I found a delta 52-858 jointer for sale for 400.00 with a new set of blades and it's on a Mobil base. The machine looks new and in good shape. Question is is it worth it, when was it made and can you get parts for it easily. I looked around on the Web and didn't find much info on it at all. I was holding out for an 8 inch planer but thought if this was a deal I could use it until I got an 8 and then resale it. Thanks in advance for any help.
Gerald.


----------



## MrUnix (May 18, 2012)

Delta lists the 52-858 as an enclosed base for a jointer, not a jointer itself.. although it does appear to be made for a specific model jointer which they do not list. Might be why you can't find much info. Most Delta 6" jointers have a model number that starts with 37-XXX, so that is what you need to look for. A picture or two might help further identify what model it actually is.

Cheers,
Brad


----------



## alittleoff (Nov 27, 2014)

Here's a picture if I did it right.
Gerald


----------



## TheFridge (May 1, 2014)

It's ok. Not a great deal but you didn't get reamed either.


----------



## levan (Mar 30, 2010)

Looks like you got a fair deal. Most of the time it depends where your located. Its all supply and demand.
I'm sure all parts are readily available. 
A 6" will probably fill most needs for sometime.

best wishes 
Lynn

http://atlanta.craigslist.org/eat/tld/4848256241.html

http://www.ereplacementparts.com/delta-52858-type-stand-parts-c-3275_13799_13802.html


----------



## alittleoff (Nov 27, 2014)

I haven't bought it yet. I wanted to get an idea about how good they were and being able to get parts for it. If I can get parts I'll probably buy it from what I see. I might be able to get it a little cheaper.
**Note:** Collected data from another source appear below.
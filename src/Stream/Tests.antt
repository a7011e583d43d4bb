-- ===== src/Stream/Tests.antt =====
-- The stream's theorems in a concrete session.
use simple_kit.Base.{refl, true, false, some, inl, [], ◌∷◌, arith}
use simple_kit.Base.Memory.{Memory, read}
use simple_kit.Buffer.{new, reserve, append, live_length}
use simple_kit.Buffer.Laws.{IsValid}
use simple_kit.Stream.{
  Stream, connecting, normal, registration, add, on_stream, again, wrote, in_progress, connect,
  send, write_ready, connect_ready, new_stream, pending,
}
use simple_kit.Stream.Output.{Conserves, send-Conserves}
use simple_kit.Stream.Session.{
  Session, start, output, Reachable, connected, later, sends, connects, writes, Sound,
}
use simple_kit.Stream.Invariant.{Reachable-Sound}

abbrev junk : Memory
junk i = 7

-- An accepted stream with nothing to send; the socket takes one byte of three.
abbrev fresh_stream : Stream
fresh_stream = new_stream junk junk 5 normal (some (registration normal false))

fresh_stream-IsValid : IsValid (new junk)
unfolding new
fresh_stream-IsValid = omega arith

send-Conserves_example :
    Conserves fresh_stream (1 ∷ 2 ∷ 3 ∷ []) (send junk (wrote 1) fresh_stream (1 ∷ 2 ∷ 3 ∷ []))
unfolding send new live_length read
send-Conserves_example =
    send-Conserves junk (wrote 1) fresh_stream (1 ∷ 2 ∷ 3 ∷ []) fresh_stream-IsValid (omega arith)
      (omega arith) (inl refl)

-- A connection is made, three bytes wait for it, it comes, and the socket takes two of them.
abbrev begun : Stream
begun = new_stream junk junk 3 connecting (some (registration connecting false))

abbrev waiting : Session
waiting = output (start begun) (1 ∷ 2 ∷ 3 ∷ []) (send junk again begun (1 ∷ 2 ∷ 3 ∷ []))

abbrev opened : Session
opened = record waiting { stream = (connect_ready true waiting.stream).1 }

abbrev written : Session
written = output opened [] (write_ready junk (wrote 2) opened.stream)

written-Reachable : Reachable written
unfolding connect send new live_length append reserve connect_ready read
written-Reachable =
    later opened written
      (later waiting opened
        (later (start begun) waiting (connected junk junk (some 3) in_progress true begun refl)
          (sends junk again (1 ∷ 2 ∷ 3 ∷ []) (omega arith) tt (inl refl)))
        (connects true (registration connecting false) refl refl refl))
      (writes junk (wrote 2) (record (add on_stream) { watch_read = true; watch_write = true }) refl
        refl refl (unfold pending in omega arith))

Reachable-Sound_example : Sound written
Reachable-Sound_example = Reachable-Sound written written-Reachable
Anyway thanks.
Gerald


----------



## MrUnix (May 18, 2012)

After a little more digging, it appears that is actually a Delta model 37-195 jointer on the 52-858 enclosed base. Has a 1HP motor and rack and pinion fence. It sold for about $520 (MSRP?) brand new back in 2005 and were discounted to $400 or less as they were being discontinued. Parts should not be a problem as usually you just need bearings, belts and knives which are the normal off the shelf maintenance items and can be found pretty much anywhere.

Cheers,
Brad


----------